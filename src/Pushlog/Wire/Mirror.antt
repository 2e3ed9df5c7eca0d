-- ===== src/Pushlog/Wire/Mirror.antt =====
-- The rows that a pull adds.
use version_control_tools_fx.Base.{
  ℕ, ◌+◌, suc, ◌≤◌, ◌≡◌, sym, ap, ◌∙◌, true, false, List, [], ◌∷◌, ◌++◌, append-nil, append_assoc,
  map, take, length, Option, Text, codes, text_eq, any, All, arith, Bool-cases, inl, inr,
  if◌then◌else◌,
}
use mathlib.Core.Path.{subst}
use version_control_tools_fx.Base.Result.{Result, Error, ok, ◌>>=◌, >>=-eq-ok}
use version_control_tools_fx.Base.Decimal.{decimal}
use version_control_tools_fx.Pushlog.Db.{PushRow, Db, lastpushid, insert_push_as}
use version_control_tools_fx.Pushlog.Db.Rows.{IsPushlog}
use version_control_tools_fx.Pushlog.Record.{Push, insert_nodes, recordpushes}
use version_control_tools_fx.Pushlog.Record.Invariant.{insert_nodes-pushlog, recordpushes-IsPushlog}
use version_control_tools_fx.Pushlog.Lookup.{Repo}
use version_control_tools_fx.Pushlog.Wire.{
  pushlogwireproto, Client, bins, all_known, exchangepullpushlog,
}
use version_control_tools_fx.Pushlog.Wire.Lines.{IsPlain, known_pushes}
use version_control_tools_fx.Pushlog.Wire.Pull.{served, AllRefused, pull-replicates}

-- A push's row.
abbrev pub row_of : Push → PushRow
row_of p = record { id = p.pushid; user = p.user; date = p.when }

-- The known pushes are the first ones.
known_pushes-rows :
    (c : Client) (ps : List Push) {qs : List Push}
    → known_pushes c ps ≡ ok qs
    → (k : ℕ) × (map row_of qs ≡ map row_of (take k ps))
unfolding known_pushes
known_pushes-rows c [] {qs} h =
    let found : ok [] ≡ ok qs = h in
    let none_left : [] ≡ qs = cc in (0, ap (map row_of) (sym none_left))
known_pushes-rows c (p ∷ ps) {qs} h =
    let go : List Text → Result (List Push) = λ ns.
      if all_known c.resolve ns
      then (known_pushes c ps >>= λ (rs : List Push). ok (record p { nodes = ns } ∷ rs))
      else ok [] in
    let (ns, read, rest) = >>=-eq-ok (bins c.bin p.nodes) go h in
    elim (Bool-cases (all_known c.resolve ns)) [
      | inl known ↦
          let (rs, later, last) =
            >>=-eq-ok (known_pushes c ps) (λ (rs : List Push). ok (record p { nodes = ns } ∷ rs))
              (rw known at rest) in
          let (k, e) = known_pushes-rows c ps later in
          let same : record p { nodes = ns } ∷ rs ≡ qs = cc in
          (suc k, ap (map row_of) (sym same) ∙ ap (λ (ps : List PushRow). row_of p ∷ ps) e)
      | inr unknown ↦
          let stops : ok [] ≡ ok qs = rw unknown at rest in
          let same : [] ≡ qs = cc in (0, ap (map row_of) (sym same))
    ]

insert_push_as-rows :
    (p : PushRow) (db : Db) {db' : Db}
    → insert_push_as p db ≡ ok db'
    → db'.pushlog ≡ db.pushlog ++ p ∷ []
unfolding insert_push_as
insert_push_as-rows p db h = ground arith

recordpushes-rows :
    (resolve : Text → Option (ℕ × Text)) (ps : List Push) (db : Db) {db' : Db}
    → recordpushes resolve ps db ≡ ok db'
    → db'.pushlog ≡ db.pushlog ++ map row_of ps
unfolding recordpushes
recordpushes-rows resolve [] db {db'} h =
    let found : ok db ≡ ok db' = h in
    let same : db ≡ db' = cc in ap (λ (d : Db). d.pushlog) (sym same) ∙ sym (append-nil db.pushlog)
recordpushes-rows resolve (p ∷ ps) db {db'} h =
    let (db1, opened, rest) =
      >>=-eq-ok (insert_push_as (row_of p) db)
        (λ (d : Db).
          insert_nodes resolve p.pushid p.nodes d >>= λ (e : Db). recordpushes resolve ps e)
        h in
    let (db2, filled, last) =
      >>=-eq-ok (insert_nodes resolve p.pushid p.nodes db1) (λ (e : Db). recordpushes resolve ps e)
        rest in
    recordpushes-rows resolve ps db2 last
    ∙ ap (λ (rs : List PushRow). rs ++ map row_of ps)
        (insert_nodes-pushlog resolve p.pushid p.nodes db1 filled
          ∙ insert_push_as-rows (row_of p) db opened)
    ∙ append_assoc db.pushlog (row_of p ∷ []) (map row_of ps)

-- Under the conditions of a pull that is answered, where it raises nothing, the client's pushes are
-- those from before and then the first so many of the server's from the client's next number on,
-- with their numbers, users and times, and tables in order stay in order.
pub pull-mirrors :
    (c : Client) (db server : Db) (message : Error → Text) (r : Repo) (failures : List Text)
    {steps : List Text} {db' : Db}
    → any (text_eq (codes "pushlog")) c.stepsdone ≡ false
    → c.capable ≡ true
    → IsPushlog server
    → All IsPlain (served server (suc (lastpushid db)))
    → length failures ≤ 2
    → AllRefused (λ n. c.call n (decimal (suc (lastpushid db)))) 1 failures
    → c.call (1 + length failures) (decimal (suc (lastpushid db)))
      ≡ pushlogwireproto message r (decimal (suc (lastpushid db))) server
    → exchangepullpushlog c db ≡ ok (steps, db')
    → IsPushlog db
    → IsPushlog db'
      × ((k : ℕ) × (db'.pushlog
            ≡ db.pushlog ++ map row_of (take k (served server (suc (lastpushid db))))))
pull-mirrors c db server message r failures {steps} {db'} step can v plain few failed last done w =
    let ps = served server (suc (lastpushid db)) in
    let record_them : List Push → Result (List Text × Db) = λ qs.
      recordpushes c.resolve qs db >>= λ (e : Db). ok (c.stepsdone ++ codes "pushlog" ∷ [], e) in
    let (qs, known, recorded) = >>=-eq-ok (known_pushes c ps) record_them (
      sym (pull-replicates c db server message r failures step can v plain few failed last)
      ∙ done) in
    let (db1, written, ends) =
      >>=-eq-ok (recordpushes c.resolve qs db)
        (λ (e : Db). ok (c.stepsdone ++ codes "pushlog" ∷ [], e)) recorded in
    let pair : (c.stepsdone ++ codes "pushlog" ∷ [], db1) ≡ (steps, db') = cc in
    let same : db1 ≡ db' = ap (λ (x : List Text × Db). x.1) pair in
    let (k, rows) = known_pushes-rows c ps known in
    (
      subst IsPushlog same (recordpushes-IsPushlog c.resolve qs db written w),
      (
        k,
        ap (λ (d : Db). d.pushlog) (sym same)
            ∙ recordpushes-rows c.resolve qs db written
            ∙ ap (λ (rs : List PushRow). db.pushlog ++ rs) rows,
      ),
    )
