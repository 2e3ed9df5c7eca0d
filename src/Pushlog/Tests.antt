-- ===== src/Pushlog/Tests.antt =====
-- The pushlog on two pushes.
use version_control_tools_fx.Base.{
  ℕ, suc, ◌≡◌, refl, true, false, not, ◌||◌, List, [], ◌∷◌, ◌++◌, map, take, Option, none, some,
  Text, codes, text_eq, any, All, ◌==◌, if◌then◌else◌, arith,
}
use version_control_tools_fx.Base.Decimal.{decimal}
use version_control_tools_fx.Base.Result.{Error, ok, ◌>>=◌}
use version_control_tools_fx.Pushlog.Db.{ChangesetRow, Db, lastpushid, max_id}
use version_control_tools_fx.Pushlog.Db.Rows.{IsPushlog}
use version_control_tools_fx.Pushlog.Record.{HookConfig, recordpushes}
use version_control_tools_fx.Pushlog.Lookup.{Repo, order_by, filter_rows, nodes_of}
use version_control_tools_fx.Pushlog.Select.{Args, all_pushes, window, inner}
use version_control_tools_fx.Pushlog.Query.{pushes}
use version_control_tools_fx.Pushlog.Query.Listing.{push_of, pushes-eq-inner}
use version_control_tools_fx.Pushlog.Wire.{Client, pushlogwireproto, exchangepullpushlog}
use version_control_tools_fx.Pushlog.Wire.Lines.{IsPlain, known_pushes}
use version_control_tools_fx.Pushlog.Wire.Pull.{served, refused, open_window, pull-replicates}
use version_control_tools_fx.Pushlog.Wire.Mirror.{row_of, pull-mirrors}
use version_control_tools_fx.Pushlog.Lookup.{push_count}
use version_control_tools_fx.Pushlog.Feed.{Entry, page_entries, numpages}
use version_control_tools_fx.Pushlog.Feed.Pages.{first_pages, replicated, pages_cover}
use version_control_tools_fx.Pushlog.Feed.Changelist.{Web, pushlog_changelist}
use version_control_tools_fx.Pushlog.Feed.Runs.{runs, show_runs, changelist-eq-runs}
use version_control_tools_fx.Pushlog.Repair.{Verified, verify, row_before, handledestroyed}
use version_control_tools_fx.Pushlog.Record.{is_known}
use version_control_tools_fx.Pushlog.Repair.Agreement.{verify-eq}
use version_control_tools_fx.Pushlog.Repair.Destroyed.{surviving}
use version_control_tools_fx.Pushlog.Repair.Updated.{now}
use version_control_tools_fx.Pushlog.Repair.Clear.{KeepOrder}
use version_control_tools_fx.Pushlog.Repair.Reordered.{handledestroyed-KeepOrder}

abbrev no_rows : Db
no_rows = record { pushlog = []; changesets = []; sequence = 0 }

no_rows-IsPushlog : IsPushlog no_rows
no_rows-IsPushlog = record { ids = tt; below = tt; nodes = tt; revs = tt; owned = tt }

abbrev two : Db
two = record {
  pushlog =
      record { id = 1; user = codes "u"; date = 3 }
      ∷ record { id = 2; user = codes "v"; date = 5 }
      ∷ [];
  changesets =
      record { pushid = 1; rev = 0; node = codes "aa" }
      ∷ record { pushid = 2; rev = 1; node = codes "bb" }
      ∷ [];
  sequence = 2;
}

two-IsPushlog : IsPushlog two
unfolding text_eq
two-IsPushlog = record {
  ids = (refl, (refl, tt));
  below = (omega arith, (omega arith, tt));
  nodes = (refl, (refl, tt));
  revs = (refl, (refl, tt));
  owned = (refl, (refl, tt));
}

-- The changeset `aa` has been stripped, and `bb` has moved down.
abbrev resolve : Text → Option (ℕ × Text)
resolve node = if text_eq node (codes "aa") then none else some (0, node)

abbrev resolve_all : Text → Option (ℕ × Text)
resolve_all node = if text_eq node (codes "aa") then some (0, node) else some (1, node)

abbrev by_rev : ℕ → Option (ℕ × Text)
by_rev n = some (n, decimal n)

abbrev config : HookConfig
config = record {
  remote_user = none;
  user = some (codes "u");
  autoland_request_user = none;
  landing_users = [];
  remoteuserprefix = none;
  userprefix = none;
}

abbrev repo : Repo
repo = record {
  lookup = λ t. ok t;
  lookupbranch = λ t. false;
  branch_of = λ t. ok (codes "default");
  replicated_push_id = none;
}

abbrev newest : Args
newest = record all_pushes { reverse = true; limit = some 1 }

pushes_example :
    pushes repo newest two
    ≡ ok (map (push_of true two.changesets) (inner newest (open_window 0 2) two))
unfolding window max_id
pushes_example = pushes-eq-inner repo newest two (open_window 0 2) refl refl refl two-IsPushlog

abbrev message : Error → Text
message e = codes "error"

-- The first attempt fails.
abbrev answers : ℕ → Text → Text
answers n f = if n == 1 then refused (codes "busy") else pushlogwireproto message repo f two

abbrev client : Client
client = record {
  stepsdone = [];
  capable = true;
  call = answers;
  bin = λ t. ok t;
  resolve = resolve_all;
}

two-IsPlain : All IsPlain (served two (suc (lastpushid no_rows)))
unfolding order_by filter_rows nodes_of max_id
two-IsPlain = ((refl, (refl, tt)), ((refl, (refl, tt)), tt))

pull_example : exchangepullpushlog client no_rows ≡ (do
  ps ← known_pushes client (served two 1)
  db' ← recordpushes resolve_all ps no_rows
  ok (codes "pushlog" ∷ [], db'))
unfolding max_id
pull_example =
    pull-replicates client no_rows two message repo (codes "busy" ∷ []) refl refl two-IsPushlog
      two-IsPlain (omega arith) (refl, refl, tt) refl

pulled : exchangepullpushlog client no_rows ≡ ok (codes "pushlog" ∷ [], two)
unfolding exchangepullpushlog pushlogwireproto text_eq max_id
pulled = refl

mirror_example :
    IsPushlog two × ((k : ℕ) × (two.pushlog ≡ [] ++ map row_of (take k (served two 1))))
unfolding max_id
mirror_example =
    pull-mirrors client no_rows two message repo (codes "busy" ∷ []) refl refl two-IsPushlog
      two-IsPlain (omega arith) (refl, refl, tt) refl pulled no_rows-IsPushlog

two-KeepOrder : KeepOrder resolve (order_by row_before two.changesets)
unfolding order_by now text_eq
two-KeepOrder = (omega arith, ((λ h k. cc), tt), (omega arith, tt, tt))

destroyed_example :
    handledestroyed resolve two ≡ ok (record two { changesets = surviving resolve two.changesets })
destroyed_example = handledestroyed-KeepOrder resolve two two-KeepOrder

verify_example :
    (v : Verified) × (verify resolve (codes "bb" ∷ codes "dd" ∷ []) repo two ≡ ok v)
    × (v.ret ≡ (
        if any (λ (c : ChangesetRow). not (is_known resolve c.node)) two.changesets
          || any
              (λ n. not (any (λ (c : ChangesetRow). text_eq n c.node) two.changesets))
              (codes "bb" ∷ codes "dd" ∷ [])
        then 1
        else 0))
verify_example = verify-eq resolve (codes "bb" ∷ codes "dd" ∷ []) repo two two-IsPushlog

pages_example :
    first_pages repo two (numpages (push_count two))
    ≡ ok (page_entries false (map (push_of true two.changesets) (replicated repo two)))
pages_example = pages_cover repo two two-IsPushlog

-- Every node is seen, and none is a merge.
abbrev web : Web
web = record { visible = λ t. true; multiple_parents = λ t. false; parity = λ n. n }

abbrev three : List Entry
three =
    record { pushid = 2; user = codes "v"; date = 5; node = codes "cc" }
    ∷ record { pushid = 2; user = codes "v"; date = 5; node = codes "bb" }
    ∷ record { pushid = 1; user = codes "u"; date = 3; node = codes "aa" }
    ∷ []

changelist_example :
    pushlog_changelist web false three
    ≡ ok (show_runs web 0 (runs (filter_rows (λ (e : Entry). web.visible e.node) three)))
changelist_example = changelist-eq-runs web false three
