-- ===== src/Unify/Collect.antt =====
-- hgext/unifyrepo/__init__.py: the first passes of `unifyrepo` over the sources, which check them and
-- find for each node the push that it first came with. A node is written in hex throughout: `bin` and
-- `hex` only change how it is written.
use version_control_tools_fx.Base.{
  ℕ, suc, Bool, true, false, not, ◌&&◌, List, [], ◌∷◌, ◌++◌, map, Option, none, some, Text, text_eq,
  find, assign, ltb, if◌then◌else◌,
}
use version_control_tools_fx.Base.Result.{
  Error, Result, ok, err, abort, attribute_error, other_error, require, ◌>>=◌, ◌>>◌,
}
use version_control_tools_fx.Hooks.Roots.{member, add, difference, is_empty}
use version_control_tools_fx.Pushlog.Record.{Push}
use version_control_tools_fx.Unify.Settings.{Source}

-- A source repository: its nodes by revision, the pushes of its pushlog, if it has one, what a
-- revset answers, in the order of revisions, and the revisions of its heads.
pub record SourceRepo : Type 0 where
  pub nodes : List Text
  pub pushlog : Option (List Push)
  pub revs : Text → List ℕ
  pub headrevs : List ℕ

abbrev pub Sources : Type 0
Sources = List (Source × SourceRepo)

-- `hg.repository` for each source; the repositories stay as they are while the command runs
unfoldable pub open_all : (Text → Result SourceRepo) → List Source → Result Sources
open_all repository [] = ok []
open_all repository (s ∷ ss) = do
  repo ← repository s.path
  rest ← open_all repository ss
  ok ((s, repo) ∷ rest)

abbrev pub first_node : List Text → Option Text
first_node [] = none
first_node (n ∷ ns) = some n

-- `if c: raise e`
abbrev pub refuse_if : Bool → Error → Result (Unit {0})
refuse_if true e = err e
refuse_if false e = ok tt

-- All sources have the same revision 0, and a pushlog.
unfoldable pub check_rev0s : List Text → Sources → Result (List Text)
unfolding add member
check_rev0s rev0s [] = ok rev0s
check_rev0s rev0s ((s, repo) ∷ rest) = do
  node ← require other_error (first_node repo.nodes)
  refuse_if (not (is_empty rev0s) && not (member node rev0s)) abort
  pushlog ← require abort repo.pushlog
  check_rev0s (add node rev0s) rest

-- A node's push: `(when, source, rev, who, pushid)`.
pub record Info : Type 0 where
  pub when : ℕ
  pub source : Text
  pub rev : ℕ
  pub who : Text
  pub pushid : ℕ

abbrev pub PushInfo : Type 0
PushInfo = List (Text × Info)

-- `noderev`: the revision of a node
unfoldable pub position : Text → List Text → Option ℕ
position n [] = none
position n (m ∷ ms) =
    if text_eq n m then some 0 else elim (position n ms) [ none ↦ none | some k ↦ some (suc k) ]

-- `repo[node]`: the revision and the node in hex
abbrev pub resolve : List Text → Text → Option (ℕ × Text)
resolve log n = elim (position n log) [ none ↦ none | some rev ↦ some (rev, n) ]

-- The entry stays where its push is not later.
unfoldable pub take_earlier : Text → Info → PushInfo → PushInfo
unfolding find assign
take_earlier node info m = elim (find node m) [
  | none ↦ assign node info m
  | some current ↦ if ltb info.when current.when then assign node info m else m
]

-- The loop over the nodes of a push; a node that the repository has not is passed over.
unfoldable pub collect_nodes : Text → List Text → Push → List Text → PushInfo → PushInfo
unfolding position take_earlier
collect_nodes path known p [] m = m
collect_nodes path known p (n ∷ ns) m = elim (position n known) [
  | none ↦ collect_nodes path known p ns m
  | some rev ↦ collect_nodes path known p ns (
      take_earlier n
        (record { when = p.when; source = path; rev = rev; who = p.user; pushid = p.pushid }) m)
]

unfoldable pub collect_pushes : Text → List Text → List Push → PushInfo → PushInfo
unfolding collect_nodes
collect_pushes path known [] m = m
collect_pushes path known (p ∷ ps) m =
    collect_pushes path known ps (collect_nodes path known p p.nodes m)

-- `nodepushinfo`
unfoldable pub collect : Sources → PushInfo → Result PushInfo
unfolding collect_pushes
collect [] m = ok m
collect ((s, repo) ∷ rest) m = do
  pushes ← require attribute_error repo.pushlog
  collect rest (collect_pushes s.path repo.nodes pushes m)

-- `allnodes`
unfoldable pub allnodes : Sources → List Text
allnodes [] = []
allnodes ((s, repo) ∷ rest) = repo.nodes ++ allnodes rest

-- Each node must have a push: `missingpl`.
unfoldable pub collected : Sources → Result PushInfo
unfolding collect allnodes difference
collected srcs = do
  m ← collect srcs []
  if is_empty (difference (allnodes srcs) (map (λ e. e.0) m)) then ok m else err abort
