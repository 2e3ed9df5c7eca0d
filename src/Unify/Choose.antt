-- ===== src/Unify/Choose.antt =====
-- hgext/unifyrepo/__init__.py: the pass of `unifyrepo` that keeps the changesets of `pullrevs` and finds
-- the bookmarks.
use version_control_tools_fx.Base.{
  ℕ, suc, Bool, List, [], ◌∷◌, ◌++◌, Option, none, some, Text, assign, any, ltb, length, ◌==◌,
  if◌then◌else◌,
}
use version_control_tools_fx.Base.Result.{Result, ok, err, abort, ◌>>=◌}
use version_control_tools_fx.Hooks.Roots.{member}
use version_control_tools_fx.Pushlog.Lookup.{filter_rows}
use version_control_tools_fx.Unify.Collect.{Sources, PushInfo}

abbrev pub in_revs : List ℕ → ℕ → Bool
in_revs revs r = any (λ k. k == r) revs

-- The nodes of the chosen revisions, from the revision `r` on.
unfoldable pub nodes_at : List ℕ → ℕ → List Text → List Text
nodes_at revs r [] = []
nodes_at revs r (n ∷ ns) =
    let rest = nodes_at revs (suc r) ns in if in_revs revs r then n ∷ rest else rest

-- `books[bookmark] = node` for each of them
unfoldable pub bookmark_all : Option Text → List Text → List (Text × Text) → List (Text × Text)
unfolding assign
bookmark_all none ns books = books
bookmark_all (some []) ns books = books
bookmark_all (some (c ∷ cs)) [] books = books
bookmark_all (some (c ∷ cs)) (n ∷ ns) books =
    bookmark_all (some (c ∷ cs)) ns (assign (c ∷ cs) n books)

-- `sourcenodes` and `books`
unfoldable pub choose : Sources → List (Text × Text) → Result (List Text × List (Text × Text))
unfolding filter_rows nodes_at bookmark_all
choose [] books = ok ([], books)
choose ((s, repo) ∷ rest) books =
    let revs = repo.revs s.pullrevs in
    let nodes = nodes_at revs 0 repo.nodes in
    if ltb 1 (length (filter_rows (in_revs revs) repo.headrevs)) then err abort else (do
      (more, books') ← choose rest (bookmark_all s.bookmark nodes books)
      ok (nodes ++ more, books'))

-- `nodepushinfo` without the other nodes
unfoldable pub keep_nodes : List Text → PushInfo → PushInfo
unfolding filter_rows member
keep_nodes nodes = filter_rows (λ e. member e.0 nodes)
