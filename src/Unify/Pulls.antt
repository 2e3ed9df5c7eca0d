-- ===== src/Unify/Pulls.antt =====
-- hgext/unifyrepo/__init__.py: `emitfastforwardnodes`, with the order of the push infos.
use version_control_tools_fx.Base.{
  Bool, ◌&&◌, List, [], ◌∷◌, ◌++◌, map, Option, none, some, Text, text_eq, text_leb, leb, ◌==◌,
  if◌then◌else◌,
}
use version_control_tools_fx.Base.Result.{Result, ok, err, other_error}
use version_control_tools_fx.Hooks.Roots.{member}
use version_control_tools_fx.Pushlog.Lookup.{order_by, filter_rows}
use version_control_tools_fx.Unify.Collect.{Info, PushInfo}

-- `<=` on the tuples `(when, source, rev, who, pushid)`
abbrev pub info_leb : Info → Info → Bool
info_leb a b =
    if a.when == b.when
    then if text_eq a.source b.source
      then if a.rev == b.rev
        then if text_eq a.who b.who then leb a.pushid b.pushid else text_leb a.who b.who
        else leb a.rev b.rev
      else text_leb a.source b.source
    else leb a.when b.when

abbrev pub entry_before : Text × Info → Text × Info → Bool
entry_before e f = info_leb e.1 f.1

-- `sorted(pushtonode.items())`: a revision of a source is one node, so the infos differ and the
-- nodes are not compared.
unfoldable pub sorted_infos : PushInfo → PushInfo
unfolding order_by text_leb
sorted_infos = order_by entry_before

-- The changelog of the staging repository: the nodes with their parents.
abbrev pub Changelog : Type 0
Changelog = List (Text × List Text)

-- `clchildren[n]`: the relevant nodes with `n` for a parent
unfoldable pub children : Changelog → List Text → Text → List Text
unfolding filter_rows member
children cl relevant n =
    map (λ e. e.0) (filter_rows (λ (e : Text × List Text). member e.0 relevant && member n e.1) cl)

abbrev pub emit_last : Option Text → List Text
emit_last none = []
emit_last (some n) = n ∷ []

-- One round of the loop, with `wantedchildren` and `lastnode`: what it yields, and both afterwards.
unfoldable pub fast_forward :
    List Text → Text → List Text → Option Text → List Text × (List Text × Option Text)
unfolding member
fast_forward [] n wanted last = (n ∷ [], ([], none))
fast_forward (c ∷ cs) n wanted last =
    if member n wanted then ([], (c ∷ cs, some n)) else (emit_last last, (c ∷ cs, some n))

-- The loop: what it yields, and the last `lastnode`.
unfoldable pub emit_from :
    (Text → List Text) → List Text → List Text → Option Text → List Text × Option Text
unfolding fast_forward
emit_from kids [] wanted last = ([], last)
emit_from kids (n ∷ ns) wanted last =
    let (out, state) = fast_forward (kids n) n wanted last in
    let (rest, end) = emit_from kids ns state.0 state.1 in (out ++ rest, end)

-- `emitfastforwardnodes`, all that it yields; the assertion behind the loop may fail
unfoldable pub emitfastforwardnodes : Changelog → PushInfo → Result (List Text)
unfolding emit_from children sorted_infos
emitfastforwardnodes cl pushtonode =
    let nodes = map (λ e. e.0) (sorted_infos pushtonode) in
    let (out, last) = emit_from (children cl nodes) nodes [] none in
    elim last [ none ↦ ok out | some n ↦ err other_error ]
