-- ===== src/Unify/Pushes.antt =====
-- hgext/unifyrepo/__init__.py: `unifypushes` and `newpushes`.
use version_control_tools_fx.Base.{
  ℕ, suc, Bool, ◌&&◌, List, [], ◌∷◌, ◌++◌, Option, none, some, Text, text_eq, ◌==◌, if◌then◌else◌,
}
use version_control_tools_fx.Base.Result.{Result, ok, ◌>>=◌}
use version_control_tools_fx.Hooks.Roots.{difference, is_empty}
use version_control_tools_fx.Pushlog.Db.{Db, lastpushid}
use version_control_tools_fx.Pushlog.Record.{Push}
use version_control_tools_fx.Pushlog.Lookup.{Repo}
use version_control_tools_fx.Pushlog.Select.{all_pushes}
use version_control_tools_fx.Pushlog.Query.{pushes}
use version_control_tools_fx.Unify.Collect.{Info, PushInfo}
use version_control_tools_fx.Unify.Pulls.{sorted_infos}

-- What `unifypushes` yields.
pub record UnifiedPush : Type 0 where
  pub source : Text
  pub pushid : ℕ
  pub who : Text
  pub when : ℕ
  pub nodes : List Text

abbrev pub open_push : Text → Info → UnifiedPush
open_push node i = record {
  source = i.source;
  pushid = i.pushid;
  who = i.who;
  when = i.when;
  nodes = node ∷ [];
}

abbrev pub same_push : UnifiedPush → Info → Bool
same_push p i = text_eq p.source i.source && p.pushid == i.pushid

-- The push that the loop leaves open; one without a source is not yielded.
abbrev pub close_push : Option UnifiedPush → List UnifiedPush
close_push none = []
close_push (some p) = elim p.source [ [] ↦ [] | c ∷ cs ↦ p ∷ [] ]

-- The loop, with the open push.
unfoldable pub unify_from : Option UnifiedPush → PushInfo → List UnifiedPush
unify_from current [] = close_push current
unify_from none ((node, i) ∷ es) = unify_from (some (open_push node i)) es
unify_from (some p) ((node, i) ∷ es) =
    let same = unify_from (some (record p { nodes = p.nodes ++ node ∷ [] })) es in
    let next = unify_from (some (open_push node i)) es in if same_push p i then same else p ∷ next

-- `unifypushes`
unfoldable pub unifypushes : PushInfo → List UnifiedPush
unfolding unify_from sorted_infos
unifypushes m = unify_from none (sorted_infos m)

-- The nodes of pushes: `destpushnodes`.
unfoldable pub push_nodes : List Push → List Text
push_nodes [] = []
push_nodes (p ∷ ps) = p.nodes ++ push_nodes ps

-- The loop of `newpushes`, with `lastpushid`.
unfoldable pub new_from : List Text → ℕ → List UnifiedPush → List Push
unfolding difference
new_from known last [] = []
new_from known last (u ∷ us) =
    let missing = difference u.nodes known in
    let same = new_from known last us in
    let next = new_from known (suc last) us in
    if is_empty missing
    then same
    else record { pushid = suc last; user = u.who; when = u.when; nodes = missing } ∷ next

-- `newpushes`, all that it yields
unfoldable pub newpushes : Repo → List UnifiedPush → Db → Result (List Push)
unfolding pushes push_nodes new_from
newpushes r unified db = do
  destpushes ← pushes r all_pushes db
  ok (new_from (push_nodes destpushes) (lastpushid db) unified)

What this task involves:
Print nothing except the lines from the line containing "unfolding pushes push_nodes new_from" to the end of the listing, exactly as written.

Result:
unfolding pushes push_nodes new_from
newpushes r unified db = do
  destpushes ← pushes r all_pushes db
  ok (new_from (push_nodes destpushes) (lastpushid db) unified)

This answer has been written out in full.